[Saved data entries]
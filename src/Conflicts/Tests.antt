-- ===== src/Conflicts/Tests.antt =====
-- Instances of the theorems about conflicts, on three versions of one package.
use poldek.Base.{ℕ, ◌≡◌, refl, Bool, true, false, some, List, [], ◌∷◌, ◌==◌, arith}
use poldek.Base.Int.{pos, diff_i32}
use poldek.Base.Bytes.{codes, strcmp}
use poldek.Capreq.{Capreq, no_flags, no_rel}
use poldek.Pkg.{Pkg, plain_pkg}
use poldek.Pkg.Cmp.{pkg_cmp_name, pkg_cmp_name_evr}
use poldek.Pkg.Registry.{empty}
use poldek.Match.Search.{linear_find}
use poldek.Arrays.Linear.{push_front, linear, push_front-IsPush, linear-IsBsearch}
use poldek.CapreqIdx.{Ent, capreq_idx_lookup, answer}
use poldek.Conflicts.{
  Cnflpkg, collect, collect_found, get_conflicted, conflicted_loop, pkgset_get_conflicted_packages,
  pkgset_get_requiredby_packages,
}
use poldek.Conflicts.Collected.{items}
use poldek.Conflicts.Whole.{
  IsCollected, conflicts_with, requires_it, listed, pkgset_get_conflicted_packages-IsCollected,
  pkgset_get_requiredby_packages-IsCollected,
}

abbrev pkg_at : ℕ → Pkg
pkg_at p = plain_pkg (codes "foo") (pos 0) (p ∷ []) (codes "1")

abbrev virtual : Capreq
virtual = record {
  flags = record no_flags { cnfl = true; prereq = true };
  relflags = no_rel;
  name = codes "v";
  ep_ofs = 0;
  ver_ofs = 0;
  rel_ofs = 0;
  buff = 0 ∷ [];
}

abbrev idx : List Ent
idx = record { capname = codes "v"; pkgs = 1 ∷ 2 ∷ 3 ∷ [] } ∷ []

abbrev same : ℕ → ℕ → Bool
same p q = p == q

same_refl : (p : ℕ) → same p p ≡ true
same_refl p = ground arith

abbrev of_pkg : Cnflpkg → ℕ → Bool
of_pkg c p = same c.pkg p

abbrev conflicts : List Cnflpkg
conflicts = items (
    pkgset_get_conflicted_packages pkg_at strcmp false linear_find empty idx push_front
      (linear of_pkg) 2 (some (virtual ∷ [])))

pkgset_get_conflicted_packages-IsCollected_example :
    IsCollected
      (λ c. c.pkg)
      same
      (conflicts_with pkg_at strcmp false linear_find empty same same_refl idx 2)
      (listed pkg_at strcmp false linear_find empty same same_refl idx 2)
      (virtual ∷ [])
      conflicts
pkgset_get_conflicted_packages-IsCollected_example =
    pkgset_get_conflicted_packages-IsCollected pkg_at strcmp false linear_find empty same same_refl
      idx 2 push_front (linear of_pkg) push_front-IsPush (linear-IsBsearch of_pkg) (virtual ∷ [])

pkgset_get_requiredby_packages-IsCollected_example :
    IsCollected
      (λ p. p)
      same
      (requires_it pkg_at strcmp false linear_find empty same same_refl idx 2)
      (listed pkg_at strcmp false linear_find empty same same_refl idx 2)
      (virtual ∷ [])
      (items (
        pkgset_get_requiredby_packages pkg_at strcmp false linear_find empty idx push_front
          (linear same)
          2
          (virtual ∷ [])))
pkgset_get_requiredby_packages-IsCollected_example =
    pkgset_get_requiredby_packages-IsCollected pkg_at strcmp false linear_find empty same same_refl
      idx 2 push_front (linear same) push_front-IsPush (linear-IsBsearch same) (virtual ∷ [])

-- The package itself is left out; the others are marked as obsoleted.
others_conflict :
    conflicts ≡ record { pkg = 3; obsolete = true } ∷ record { pkg = 1; obsolete = true } ∷ []
unfolding pkgset_get_conflicted_packages conflicted_loop get_conflicted collect_found collect
    capreq_idx_lookup answer strcmp pkg_cmp_name pkg_cmp_name_evr diff_i32
others_conflict = refl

## WORK ORDER
Exact copies of all the records are to be printed.

## OUTPUT BELOW
filename src/Conflicts/Tests.antt
-- ===== src/Conflicts/Tests.antt =====
-- Instances of the theorems about conflicts, on three versions of one package.
use poldek.Base.{ℕ, ◌≡◌, refl, Bool, true, false, some, List, [], ◌∷◌, ◌==◌, arith}
use poldek.Base.Int.{pos, diff_i32}
use poldek.Base.Bytes.{codes, strcmp}
use poldek.Capreq.{Capreq, no_flags, no_rel}
use poldek.Pkg.{Pkg, plain_pkg}
use poldek.Pkg.Cmp.{pkg_cmp_name, pkg_cmp_name_evr}
use poldek.Pkg.Registry.{empty}
use poldek.Match.Search.{linear_find}
use poldek.Arrays.Linear.{push_front, linear, push_front-IsPush, linear-IsBsearch}
use poldek.CapreqIdx.{Ent, capreq_idx_lookup, answer}
use poldek.Conflicts.{
  Cnflpkg, collect, collect_found, get_conflicted, conflicted_loop, pkgset_get_conflicted_packages,
  pkgset_get_requiredby_packages,
}
use poldek.Conflicts.Collected.{items}
use poldek.Conflicts.Whole.{
  IsCollected, conflicts_with, requires_it, listed, pkgset_get_conflicted_packages-IsCollected,
  pkgset_get_requiredby_packages-IsCollected,
}

abbrev pkg_at : ℕ → Pkg
pkg_at p = plain_pkg (codes "foo") (pos 0) (p ∷ []) (codes "1")

abbrev virtual : Capreq
virtual = record {
  flags = record no_flags { cnfl = true; prereq = true };
  relflags = no_rel;
  name = codes "v";
  ep_ofs = 0;
  ver_ofs = 0;
  rel_ofs = 0;
  buff = 0 ∷ [];
}

abbrev idx : List Ent
idx = record { capname = codes "v"; pkgs = 1 ∷ 2 ∷ 3 ∷ [] } ∷ []

abbrev same : ℕ → ℕ → Bool
same p q = p == q

same_refl : (p : ℕ) → same p p ≡ true
same_refl p = ground arith

abbrev of_pkg : Cnflpkg → ℕ → Bool
of_pkg c p = same c.pkg p

abbrev conflicts : List Cnflpkg
conflicts = items (
    pkgset_get_conflicted_packages pkg_at strcmp false linear_find empty idx push_front
      (linear of_pkg) 2 (some (virtual ∷ [])))

pkgset_get_conflicted_packages-IsCollected_example :
    IsCollected
      (λ c. c.pkg)
      same
      (conflicts_with pkg_at strcmp false linear_find empty same same_refl idx 2)
      (listed pkg_at strcmp false linear_find empty same same_refl idx 2)
      (virtual ∷ [])
      conflicts
pkgset_get_conflicted_packages-IsCollected_example =
    pkgset_get_conflicted_packages-IsCollected pkg_at strcmp false linear_find empty same same_refl
      idx 2 push_front (linear of_pkg) push_front-IsPush (linear-IsBsearch of_pkg) (virtual ∷ [])

pkgset_get_requiredby_packages-IsCollected_example :
    IsCollected
      (λ p. p)
      same
      (requires_it pkg_at strcmp false linear_find empty same same_refl idx 2)
      (listed pkg_at strcmp false linear_find empty same same_refl idx 2)
      (virtual ∷ [])
      (items (
        pkgset_get_requiredby_packages pkg_at strcmp false linear_find empty idx push_front
          (linear same)
          2
          (virtual ∷ [])))
pkgset_get_requiredby_packages-IsCollected_example =
    pkgset_get_requiredby_packages-IsCollected pkg_at strcmp false linear_find empty same same_refl
      idx 2 push_front (linear same) push_front-IsPush (linear-IsBsearch same) (virtual ∷ [])

-- The package itself is left out; the others are marked as obsoleted.
others_conflict :
    conflicts ≡ record { pkg = 3; obsolete = true } ∷ record { pkg = 1; obsolete = true } ∷ []
unfolding pkgset_get_conflicted_packages conflicted_loop get_conflicted collect_found collect
    capreq_idx_lookup answer strcmp pkg_cmp_name pkg_cmp_name_evr diff_i32
others_conflict = refl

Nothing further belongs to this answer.